For an actual editor, the initialization would be like so:
Code:
s = size of head and tail buffers;
head = buffer[s];
tail = buffer[s];
w = size of gap;
g = buffer[w];
p = text entry point (a pointer into g);
get the information on the data source (file name, pipe, whatever);
decide where the gap should be initially;
if any existing data:
if the point is at end of the data:
load all data into head;
p = w-1;
else:
load beginning of data into head;
p = w/2;
load p bytes into g;
load balance into tail;
else:
p = 0;
display head;
display g;
display tail;
When a new character is inserted, the editing functions operate on the gap, which can have five basic states:
- Inserting into an empty buffer (all buffers empty).
- Inserting at the start of the gap, with one or more characters following it in the tail.
- Inserting at end of the combined buffers (at the leading edge of the text).
- Inserting at the end of the gap, but with a tail afterwards.
- Inserting to a position in the gap before one or more characters.

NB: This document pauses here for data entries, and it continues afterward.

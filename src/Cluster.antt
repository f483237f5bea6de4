-- ===== src/Cluster.antt =====
-- The nodes of the cluster, as pkg/lbcontroller/lbcontroller.go sees them through client-go.
-- The lister and the API server are not the driver's code: they are the parameter `NodeApi`.
use google_cloud_platform_nf.Prelude.{◌≡◌, List, [], ◌∷◌, Option, none, some, if◌then◌else◌}
use google_cloud_platform_nf.Text.{Bytes, codes, eq_bytes}
use google_cloud_platform_nf.Maps.{Map, lookup}

-- `NodeAnnotation`.
abbrev pub node_annotation : Bytes
node_annotation = codes "nfs.lb.csi.storage.gke.io/assigned-ip"

-- What the driver reads and writes of a `v1.Node`, with the resource version, which a copy keeps and
-- the server compares. The annotations of a node may be a nil map.
pub record Node : Type 0 where
  pub name : Bytes
  pub resource_version : Bytes
  pub annotations : Option (Map Bytes)

-- `node.Annotations[NodeAnnotation]`: a nil map reads as an empty one.
unfoldable pub assigned_ip : Node → Option Bytes
assigned_ip n = elim n.annotations [ none ↦ none | some m ↦ lookup node_annotation m ]

-- An error of the API: `errors.IsNotFound` tells the two kinds apart.
pub data ApiError : Type 0 where
  missing unavailable : ApiError

pub data Reply {ℓ} (A : Type ℓ) : Type ℓ where
  found : A → Reply A
  refused : ApiError → Reply A

-- `nodeLister.Get`, `nodeLister.List` and `clientset.CoreV1().Nodes().Update`. The lister's cache
-- and the server's store are one abstract state.
pub record NodeApi : Type 1 where
  pub State : Type 0
  pub get : State → Bytes → Reply Node
  pub list : State → Reply (List Node)
  pub update : State → Node → State × Option ApiError

unfoldable pub find_node : Bytes → List Node → Option Node
find_node k [] = none
find_node k (n ∷ ns) = if eq_bytes n.name k then some n else find_node k ns

unfoldable pub replace_node : Node → List Node → List Node
replace_node n [] = []
replace_node n (m ∷ ms) = if eq_bytes m.name n.name then n ∷ ms else m ∷ replace_node n ms

-- The server stores what it is sent under a version of its own.
abbrev pub with_version : Bytes → Node → Node
with_version v n = record n { resource_version = v }

-- What is relied on where what the lister returns counts as the cluster: it is up to date, an
-- update that succeeds replaces the node of that name, and one that fails changes nothing.
pub record IsFresh (api : NodeApi) (nodes : api.State → List Node) : Type 0 where
  pub get_found :
      (s : api.State) (k : Bytes) (n : Node)
      → api.get s k ≡ found n
      → find_node k (nodes s) ≡ some n
  pub list_found : (s : api.State) (ns : List Node) → api.list s ≡ found ns → ns ≡ nodes s
  pub update_done :
      (s : api.State) (n : Node)
      → (api.update s n).1 ≡ none
      → (v : Bytes) × (nodes (api.update s n).0 ≡ replace_node (with_version v n) (nodes s))
  pub update_failed :
      (s : api.State) (n : Node) (e : ApiError)
      → (api.update s n).1 ≡ some e
      → nodes (api.update s n).0 ≡ nodes s

-- What is relied on where the lister may lag behind the server: optimistic concurrency. `Issued` says
-- that a node is one that the server has held. It refuses an update under a version that is not its
-- own: an update that succeeds was made from the server's node, and replaces it. One that fails
-- changes nothing.
pub record IsVersioned (api : NodeApi) (nodes : api.State → List Node)
    (Issued : api.State → Node → Type 0) : Type 0 where
  pub get_issued : (s : api.State) (k : Bytes) (n : Node) → api.get s k ≡ found n → Issued s n
  pub update_issued : (s : api.State) (n m : Node) → Issued s m → Issued (api.update s n).0 m
  pub update_current :
      (s : api.State) (n n' : Node)
      → Issued s n
      → n'.name ≡ n.name
      → n'.resource_version ≡ n.resource_version
      → (api.update s n').1 ≡ none
      → find_node n.name (nodes s) ≡ some n
  pub update_done :
      (s : api.State) (n : Node)
      → (api.update s n).1 ≡ none
      → (v : Bytes) × (nodes (api.update s n).0 ≡ replace_node (with_version v n) (nodes s))
  pub update_failed :
      (s : api.State) (n : Node) (e : ApiError)
      → (api.update s n).1 ≡ some e
      → nodes (api.update s n).0 ≡ nodes s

A similar set of states occurs when overwriting or deleting.
Each of these states should be straightforward to deal with, but you have one more complication: if you overrun the gap while inserting or overwriting, or underrun it while deleting, you need to refresh the gap. For insert/overwrite, this means copying the text now in the gap to the head, and refilling the gap (with w/2 characters) from the tail. Note that the idea here is to avoid shifting around larger sections of text, and only moving as much as is needed to perform the edit - that's the reason for editing inside a gap buffer.
Now, you could combine this approach with the list of lines you are now using, but in doing so you run into a few problems: first, you end up with most of the individual buffers (the lines in the array) containing an unpredictable number of empty cells - anything past the end of the line will be empty. Second, it doesn't play well with the use of newline characters; while this is as much a problem with newlines themselves as it is with this design, it is still something to be aware of. Most serious of all, using an array (as opposed to a linked list) for this sort of 'list of lines' makes cut and paste a massive headache - you end up having to copy a whole series of lines, one at a time, up or back cascading along the area affected. This is precisely the result that the gap-buffer approach is meant to avoid.
Linked lists are more effective for this but can eventually become a nasty tangle, and every time you go from one line to another you have to chase pointers to the one you need. Finally, it makes reading in and writing out a file or data set a massive headache, as you can't simply fill a single buffer or small set of buffers - you need to load or write each line in sequence.
Mind you, my own plans, which revolve around Xanalogical storage, are pretty close to the linked list approach; Finseth even discusses the idea of delta lists method (in which only a list representing the changes are actually held, rather than whole buffers) for unlimited undo both regarding their advantages and disadvantages. Even if you don't use the TECO model, it is worth knowing about and understanding.